From the listing that follows, count the lines including "Traffic" and give the number alone.

◇ ◇ ◇ ◇ ◇ ◇ ◇

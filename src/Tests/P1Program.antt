-- ===== src/Tests/P1Program.antt =====
-- `termprint` of phase1/p1test.c, on a terminal that takes its time.
use multi_pand_os.Base.{ℕ, List, leb, if◌then◌else◌, [], ◌∷◌}
use multi_pand_os.P1Test.Terminal.{Devices, Traffic}

-- READY before the first write, and busy for two reads after each.
abbrev slow_register : List (ℕ × ℕ) → ℕ → ℕ
slow_register [] r = 1
slow_register (x ∷ xs) r = if leb 2 r then 5 else 3

abbrev slow : Devices
slow = record {
  dev_per_int = 8;
  dev_reg_size = 16;
  dev_reg_len = 4;
  tran_status = 2;
  tran_command = 3;
  ready = 1;
  busy = 3;
  register = λ a w r. slow_register w r;
}

abbrev at_rest : Traffic
at_rest = record { written = []; reads = 7 }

◇ ◇ ◇ ◇ ◇ ◇ ◇

■ Answer to this exercise
2